**Your task:** Output, exactly as written, the lines of the data below from the one containing "es k ≡ some e" to the end.

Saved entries
⟨
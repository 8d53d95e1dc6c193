-- ===== src/Validation/Sample.antt =====
-- A small workflow for the tests: a worker, its verification and review, an approval and a
-- publication; a second version goes from the worker straight to the approval.
use jarvis_development.Prelude.{true, false, none, some, List, [], ◌∷◌, String}
use jarvis_development.Contracts.Json.{pos}
use jarvis_development.Contracts.Workflow.{
  WorkflowNodeType, worker, verify, reviewer, approval, github_publish, finalize, always,
  github_push_and_pr, derive, NodePolicy, NodeConfig, WorkflowNode, WorkflowEdge, WorkflowSpec,
}

abbrev pub bare_policy : NodePolicy
bare_policy = record {
  worker_selector = none;
  model_route_ref = none;
  retry_policy_ref = none;
  permission_policy_ref = none;
  verification = some (record { required = true; profile_revision_ids = [] });
  approval_policy = none;
  timeout_seconds = none;
  max_concurrency = none;
  accepts_instructions = none;
}

abbrev pub bare_config : NodeConfig
bare_config = record {
  max_tasks = 1;
  children = [];
  join_id = "join";
  max_fanout = 8;
  fanout_id = "fanout";
  granted_action = github_push_and_pr;
  outcome = derive;
}

abbrev pub node : String → WorkflowNodeType → WorkflowNode
node id type = record { id = id; type = type; config = bare_config; policy = bare_policy }

abbrev pub publish_policy : NodePolicy
publish_policy = record bare_policy {
  verification = none;
  approval_policy =
      some (record { required_grant_from = some "ok"; action_type = some github_push_and_pr });
}

abbrev pub edge : String → String → String → WorkflowEdge
edge id source target = record {
  id = id;
  source = source;
  target = target;
  kind = always;
  when = none;
  priority = pos 0;
  fallback = false;
  retry_class = none;
  iteration_key = none;
  progress_path = none;
  max_iterations = none;
}

abbrev pub sample_nodes : List WorkflowNode
sample_nodes =
    node "w" worker
    ∷ node "v" verify
    ∷ node "r" reviewer
    ∷ node "ok" approval
    ∷ record (node "p" github_publish) { policy = publish_policy }
    ∷ node "end" finalize
    ∷ []

abbrev pub sample_edges : List WorkflowEdge
sample_edges =
    edge "e1" "w" "v"
    ∷ edge "e2" "v" "r"
    ∷ edge "e3" "r" "ok"
    ∷ edge "e4" "ok" "p"
    ∷ edge "e5" "p" "end"
    ∷ []

abbrev pub sample : WorkflowSpec
sample = record {
  entrypoint = "w";
  defaults = bare_policy;
  nodes = sample_nodes;
  edges = sample_edges;
}

-- With an edge from the worker straight to the approval.
abbrev pub shortcut : WorkflowSpec
shortcut = record sample { edges = edge "e0" "w" "ok" ∷ sample_edges }
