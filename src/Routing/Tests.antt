-- ===== src/Routing/Tests.antt =====
-- Tests of the route choice, and its theorems at a worker that retries a failed test once.
use jarvis_development.Prelude.{true, some, List, [], ◌∷◌, ◌≡◌, refl, ◌≤◌, string_eq, arith}
use jarvis_development.Contracts.Failures.{code_test_failure, block, class_eq}
use jarvis_development.Contracts.Json.{pos, int, str, obj, field, end, Fields}
use jarvis_development.Contracts.Workflow.{WorkflowEdge, WorkflowNode, worker, retry, iterate}
use jarvis_development.Validation.Sample.{sample, edge, node, bare_policy}
use jarvis_development.Validation.Policy.{effective_policy}
use jarvis_development.Predicates.{get_path}
use jarvis_development.Routing.{
  Revision, retry_rules, routed, failed, iterations_exceeded, retry_key, retry_route, iterate_route,
  choose_route, failure_class_of, Counters, iterate_key, progress_key, progress_of,
}
use jarvis_development.Routing.MaxMap.{max_map}
use jarvis_development.Routing.Bounds.{
  History, fresh, charged, History-bounded, choose_route-ChargedWithin, ChargedWithin,
}
use jarvis_development.Routing.Keys.{iterate_route-collides}

abbrev revisions : List Revision
revisions =
    record {
      revision_id = 7;
      spec = retry_rules (
          record { failure_class = code_test_failure; max_retries = 1; exhaustion_action = block }
          ∷ []);
    }
    ∷ []

abbrev retrying : WorkflowNode
retrying = record (node "w" worker) { policy = record bare_policy { retry_policy_ref = some 7 } }

abbrev retry_edges : List WorkflowEdge
retry_edges =
    record (edge "again" "w" "w") { kind = retry; retry_class = some code_test_failure }
    ∷ record (edge "done" "w" "v") { fallback = true }
    ∷ []

abbrev failed_tests : Fields
failed_tests = field "outcome" (obj (field "failure_class" (str "code.test_failure") end)) end

first_retry :
    choose_route sample revisions retrying retry_edges failed_tests []
    ≡ routed "w" ((retry_key "w" code_test_failure, 1) ∷ [])
unfolding choose_route failure_class_of effective_policy retry_route
first_retry = refl

exhausted_retry :
    choose_route sample revisions retrying retry_edges failed_tests
      ((retry_key "w" code_test_failure, 1) ∷ [])
    ≡ routed "v" []
unfolding choose_route failure_class_of effective_policy retry_route
exhausted_retry = refl

choose_route-ChargedWithin_example :
    ChargedWithin 1 [] (choose_route sample revisions retrying retry_edges failed_tests [])
choose_route-ChargedWithin_example =
    choose_route-ChargedWithin 1 sample revisions retrying retry_edges failed_tests [] (omega arith)
      (omega arith)

one_retry :
    History 1 sample revisions
      (retry_key "w" code_test_failure)
      1
      (max_map [] ((retry_key "w" code_test_failure, 1) ∷ []))
one_retry = charged (fresh []) retrying retry_edges failed_tests (omega arith) "w" 1 [] first_retry

History-bounded_example : 1 ≤ 1
History-bounded_example =
    History-bounded 1 sample revisions (retry_key "w" code_test_failure) (omega arith) one_retry

-- The task iterator has recorded progress 4; the second iterator was never taken.
abbrev one_iterator : Counters
one_iterator = (iterate_key "tasks", 1) ∷ (progress_key (iterate_key "tasks"), 4) ∷ []

abbrev second_iterator : WorkflowEdge
second_iterator = record (edge "next" "d" "w") {
  kind = iterate;
  progress_path = some "$.tasks.terminal_count";
}

abbrev five_done : Fields
five_done = field "tasks" (obj (field "terminal_count" (int (pos 5)) end)) end

progress_five : progress_of (get_path five_done "$.tasks.terminal_count") ≡ some 5
unfolding get_path
progress_five = refl

iterate_route-collides_example :
    iterate_route
      (record second_iterator {
        iteration_key = some (progress_key "tasks");
        max_iterations = some 3;
      })
      five_done
      one_iterator
    ≡ failed iterations_exceeded
iterate_route-collides_example =
    iterate_route-collides "tasks" second_iterator five_done one_iterator 3 5 progress_five refl
      (omega arith)
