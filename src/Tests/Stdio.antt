-- ===== src/Tests/Stdio.antt =====
-- The loader and the wrappers over a small dynamic linker.
use Prim.Native.String.{String}
use text.Mathlib.Text.{◌==◌ as str_eq}
use fake_libc.Stdio.Forwarding.{all_wrappers}
use fake_libc.Stdio.Numbers.Forwarding.{Numbers}
use fake_libc.Common.{true, ◌||◌, ◌+◌, ◌≡◌, ◌≢◌, refl, if◌then◌else◌, [], ◌∷◌, ok, arith, none, inl}
use fake_libc.Loader.{
  glibc, Linker, Runtime, via_dlmopen, via_dlsym, load_symbol, get_actual_fp, init_dl,
  forward_stream, load_library, look_up, call_pointer, deref_glibc, set_handle, set_symbol,
  choose_stream,
}
use fake_libc.Loader.Returns.{Returns}
use fake_libc.Loader.Ready.{uses, Provides, IsReady, symbol_at}
use fake_libc.Loader.Init.{cold, Initialised, init_dl-Initialised}
use fake_libc.Stdio.Narrow.Forwarding.{NarrowStreams}
use fake_libc.Stdio.Wide.Forwarding.{WideStreams}
use fake_libc.Stdio.Formatted.Forwarding.{FormattedText}
use fake_libc.Stdio.Irregular.{fgetpos, fsetpos}
use fake_libc.Stdio.Irregular.Recursion.{recursive_wrappers}

-- Each library is at 7; other symbols than those that are used are missing, the standard streams stand at 501 to 503 and all else
-- at 500; a call answers 3.
abbrev pub tiny : Linker
tiny = record {
  dlmopen = λ id path. 7;
  dlsym = λ h f.
      if uses f || str_eq f "init_dlfunctions"
      then (if str_eq f "stdin"
          then 501
          else (if str_eq f "stdout" then 502 else (if str_eq f "stderr" then 503 else 500)))
      else 0;
  answer = λ calls p args. 3;
  content = λ p. p + 100;
  sf_base = 64;
  sf_size = 84;
}

tiny_symbol : (f : String) → uses f ≡ true → symbol_at tiny glibc f ≢ 0
tiny_symbol f used = rw used (ground arith)

pub tiny-Provides : Provides tiny
tiny-Provides = record { libraries = λ lib. omega arith; symbols = tiny_symbol }

-- The linker's functions are known, and nothing is loaded.
abbrev pub started : Runtime
started = record cold { statics = record cold.statics { glibc_dlmopen = 1; glibc_dlsym = 2 } }

pub started-IsReady : IsReady tiny started
started-IsReady = record {
  dlmopen_there = omega arith;
  dlsym_there = omega arith;
  handles = λ lib. inl refl;
  pointers = λ lib f. inl refl;
}

stdout_translated :
    forward_stream tiny "fputs" 148 (λ p. 9 ∷ p ∷ []) started
    ≡ ok (
      3,
      record started {
        handle = (set_handle glibc 7 started).handle;
        symbol =
            (set_symbol glibc "stderr" 503 (
              set_symbol glibc "stdout" 502
                (set_symbol glibc "stdin" 501 (set_symbol glibc "fputs" 500 started)))).symbol;
        calls = (500, 9 ∷ 602 ∷ []) ∷ [];
      },
    )
unfolding forward_stream load_symbol load_library look_up via_dlmopen via_dlsym call_pointer
    deref_glibc get_actual_fp choose_stream set_handle set_symbol
stdout_translated = refl

init_dl-Initialised_example :
    Returns (λ _ r. Initialised tiny 5 1 2 3 4 5 6 77 8 r) (init_dl tiny 5 1 2 3 4 5 6 77 8 cold)
init_dl-Initialised_example =
    init_dl-Initialised tiny tiny-Provides 5 1 2 3 4 5 6 77 8 (omega arith) (omega arith)
      (ground arith)

recursive_wrappers_example :
    (fgetpos tiny 50 148 9 started ≡ none) × (fsetpos tiny 50 148 9 started ≡ none)
recursive_wrappers_example = recursive_wrappers tiny tiny-Provides 50 148 9 started started-IsReady

all_wrappers_example :
    NarrowStreams tiny 1 2 3 148
    × WideStreams tiny 1 2 3 4 148
    × FormattedText tiny 1 2 3 4 5 6
    × Numbers tiny 1 2 3
all_wrappers_example = all_wrappers tiny tiny-Provides 1 2 3 4 5 6 148
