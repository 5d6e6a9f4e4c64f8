-- ===== src/Tests/Startup.antt =====
-- The start-up of the fake libc from a small program.
use text.Mathlib.Text.{◌==◌ as str_eq}
use fake_libc.Common.{◌≡◌, refl, ◌==◌, if◌then◌else◌, ◌*◌, ◌-◌, [], ◌∷◌, map, ok, arith, some}
use fake_libc.Loader.Returns.{Returns}
use fake_libc.Loader.Init.{cold}
use fake_libc.Startup.{
  Host, Functions, passed, receive, receive_functions, android_dlopen, start, open_in, lm_id_newlm,
}
use fake_libc.Startup.Namespace.{open_all, open_all-one_namespace, fresh, names_in, running}
use fake_libc.Startup.Handover.{Shifted, receive-Shifted}
use fake_libc.Tests.Stdio.{tiny, tiny-Provides}

-- A handle is the namespace and 100; a new namespace is 6.
abbrev program : Host
program = record {
  dlmopen = λ id name flags. if id == lm_id_newlm then 106 else id * 10;
  lmid = λ handle. handle - 100;
  dlsym = λ handle f. if str_eq f "init_dl" then 900 else 0;
  at_dlmopen = 1;
  at_dlsym = 2;
  at_dladdr = 3;
  at_dlclose = 4;
  at_dl_iterate_phdr = 5;
  program_invocation_name = 6;
  at_tls_get_addr = 7;
}

two_libraries :
    open_all program (("libc.so", 1) ∷ ("libEGL.so", 1) ∷ []) fresh
    ≡ ok (running program ((6, "libEGL.so") ∷ (6, "libc.so") ∷ (lm_id_newlm, "libc.so") ∷ []))
unfolding open_all android_dlopen start open_in
two_libraries = refl

open_all-one_namespace_example :
    open_all program (("libEGL.so", 1) ∷ ("libGLESv2.so", 1) ∷ []) fresh
    ≡ ok (
        running program (
          names_in 6 (("libEGL.so", 1) ∷ ("libGLESv2.so", 1) ∷ []) ((lm_id_newlm, "libc.so") ∷ [])))
open_all-one_namespace_example =
    open_all-one_namespace program "libEGL.so" 1 (("libGLESv2.so", 1) ∷ []) (omega arith)
      (omega arith)

receive-Shifted_example :
    Returns
      (λ _ r.
        ((s : Functions) × (map receive_functions r.calls ≡ some s ∷ []) × Shifted program 6 s)
        × (r.statics.progname ≡ 7)
        × (r.statics.glibc_tls_get_addr ≡ 55))
      (receive tiny (passed program 6) 55 cold)
receive-Shifted_example =
    receive-Shifted program tiny tiny-Provides 6 55 (omega arith) (omega arith) (ground arith)
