-- ===== src/Tests/Strings.antt =====
-- `strlcpy` and `strlcat` on short buffers.
use fake_libc.Common.{◌≡◌, refl, [], ◌∷◌, ◌++◌, arith, ok, fault, take, drop}
use fake_libc.Strings.{Bytes, read, write, skip_rest, strlcpy, strlcat}
use fake_libc.Strings.Copy.{strlcpy-take}
use fake_libc.Strings.Concat.{strlcat-append}

abbrev ab : Bytes
ab = b'a' ∷ b'b' ∷ []

abbrev cde : Bytes
cde = b'c' ∷ b'd' ∷ b'e' ∷ []

abbrev sevens : Bytes
sevens = 7 ∷ 7 ∷ 7 ∷ 7 ∷ 7 ∷ []

strlcpy_cut : strlcpy sevens (cde ++ 0 ∷ 9 ∷ []) 3 ≡ ok (b'c' ∷ b'd' ∷ 0 ∷ 7 ∷ 7 ∷ [], 3)
unfolding strlcpy read write skip_rest
strlcpy_cut = refl

strlcpy_small : strlcpy (7 ∷ []) (cde ++ 0 ∷ []) 3 ≡ fault
unfolding strlcpy read write skip_rest
strlcpy_small = refl

strlcat_cut :
    strlcat (ab ++ 0 ∷ 7 ∷ 7 ∷ []) (cde ++ 0 ∷ []) 4 ≡ ok (b'a' ∷ b'b' ∷ b'c' ∷ 0 ∷ 7 ∷ [], 5)
unfolding strlcat read write
strlcat_cut = refl

strlcpy-take_example :
    strlcpy sevens (cde ++ 0 ∷ 9 ∷ []) 3 ≡ ok (take 2 cde ++ 0 ∷ drop 3 sevens, 3)
strlcpy-take_example = strlcpy-take sevens cde (9 ∷ []) 3 (omega arith) (omega arith) (omega arith)

strlcat-append_example :
    strlcat (ab ++ 0 ∷ 7 ∷ 7 ∷ []) (cde ++ 0 ∷ []) 4
    ≡ ok (ab ++ (take 1 cde ++ 0 ∷ drop 2 (0 ∷ 7 ∷ 7 ∷ [])), 5)
strlcat-append_example =
    strlcat-append ab cde (7 ∷ 7 ∷ []) [] 4 (omega arith) (omega arith) (omega arith) (omega arith)
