-- ===== src/Tests/Sysconf.antt =====
-- `sysconf` with two macros, and with none.
use Prim.Native.String.{String}
use text.Mathlib.Text.{◌==◌ as str_eq}
use fake_libc.Common.{
  ℕ, zero, suc, ◌≤◌, ◌≡◌, refl, ◌==◌, ltb, if◌then◌else◌, Bool, true, not, ◌&&◌, List, [], ◌∷◌,
  Option, none, some, get_elem?, arith, fault,
}
use fake_libc.Loader.Streams.{Forwards}
use fake_libc.Sysconf.Table.{initialisers}
use fake_libc.Sysconf.Translation.{designate, initialise, sysconf_map, sysconf}
use fake_libc.Sysconf.Forwarding.{sysconf-translates, sysconf-blank, sysconf-above}
use fake_libc.Tests.Stdio.{tiny, tiny-Provides, started, started-IsReady}

abbrev two_names : String → Option ℕ
two_names s =
    if str_eq s "_SC_CHILD_MAX"
    then some 1
    else (if str_eq s "_SC_NPROCESSORS_CONF" then some 83 else none)

sixth_slot : get_elem? (sysconf_map two_names) 5 ≡ some 1
unfolding sysconf_map initialise designate
sixth_slot = refl

abbrev all : ((ℕ × String) → Bool) → List (ℕ × String) → Bool
all p [] = true
all p (e ∷ es) = p e && all p es

all-get_elem? :
    (p : (ℕ × String) → Bool) (es : List (ℕ × String)) (k : ℕ) (e : ℕ × String)
    → all p es ≡ true
    → get_elem? es k ≡ some e
    → p e ≡ true
all-get_elem? p [] k e h g = cc
all-get_elem? p (x ∷ es) zero e h g = let same : x ≡ e = cc in rw (← same) (ground arith)
all-get_elem? p (x ∷ es) (suc k) e h g = all-get_elem? p es k e (ground arith) g

gap : (j : ℕ) (m : String) → get_elem? initialisers j ≡ some (0x56, m) → two_names m ≡ none
gap j m g =
    let other = all-get_elem? (λ e. not (e.0 == 0x56)) initialisers j (0x56, m) refl g in
    absurd (ground (arith, other))

end_of_table :
    (k i : ℕ) (m : String) → get_elem? initialisers k ≡ some (i, m) → 100 ≤ i → two_names m ≡ none
end_of_table k i m g le =
    let below = all-get_elem? (λ e. ltb e.0 100) initialisers k (i, m) refl g in
    absurd (ground (arith, below))

nprocessors : Forwards tiny (sysconf tiny two_names 0x60) "sysconf" (83 ∷ [])
nprocessors =
    sysconf-translates tiny tiny-Provides two_names 86 0x60 83 "_SC_NPROCESSORS_CONF" refl refl

blank_slot : Forwards tiny (sysconf tiny two_names 0x56) "sysconf" (0 ∷ [])
blank_slot =
    sysconf-blank tiny tiny-Provides two_names 0x56 86 0x60 83 "_SC_NPROCESSORS_CONF" gap
      (omega arith) refl refl

end_faults : sysconf tiny two_names 100 started ≡ fault
end_faults = sysconf-above tiny tiny-Provides two_names 100 started started-IsReady end_of_table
⟩
**Final answer:**
    → get_elem? es k ≡ some e
    → p e ≡ true
all-get_elem? p [] k e h g = cc
all-get_elem? p (x ∷ es) zero e h g = let same : x ≡ e = cc in rw (← same) (ground arith)
all-get_elem? p (x ∷ es) (suc k) e h g = all-get_elem? p es k e (ground arith) g

gap : (j : ℕ) (m : String) → get_elem? initialisers j ≡ some (0x56, m) → two_names m ≡ none
gap j m g =
    let other = all-get_elem? (λ e. not (e.0 == 0x56)) initialisers j (0x56, m) refl g in
    absurd (ground (arith, other))

end_of_table :
    (k i : ℕ) (m : String) → get_elem? initialisers k ≡ some (i, m) → 100 ≤ i → two_names m ≡ none
end_of_table k i m g le =
    let below = all-get_elem? (λ e. ltb e.0 100) initialisers k (i, m) refl g in
    absurd (ground (arith, below))

nprocessors : Forwards tiny (sysconf tiny two_names 0x60) "sysconf" (83 ∷ [])
nprocessors =
    sysconf-translates tiny tiny-Provides two_names 86 0x60 83 "_SC_NPROCESSORS_CONF" refl refl

blank_slot : Forwards tiny (sysconf tiny two_names 0x56) "sysconf" (0 ∷ [])
blank_slot =
    sysconf-blank tiny tiny-Provides two_names 0x56 86 0x60 83 "_SC_NPROCESSORS_CONF" gap
      (omega arith) refl refl

end_faults : sysconf tiny two_names 100 started ≡ fault
end_faults = sysconf-above tiny tiny-Provides two_names 100 started started-IsReady end_of_table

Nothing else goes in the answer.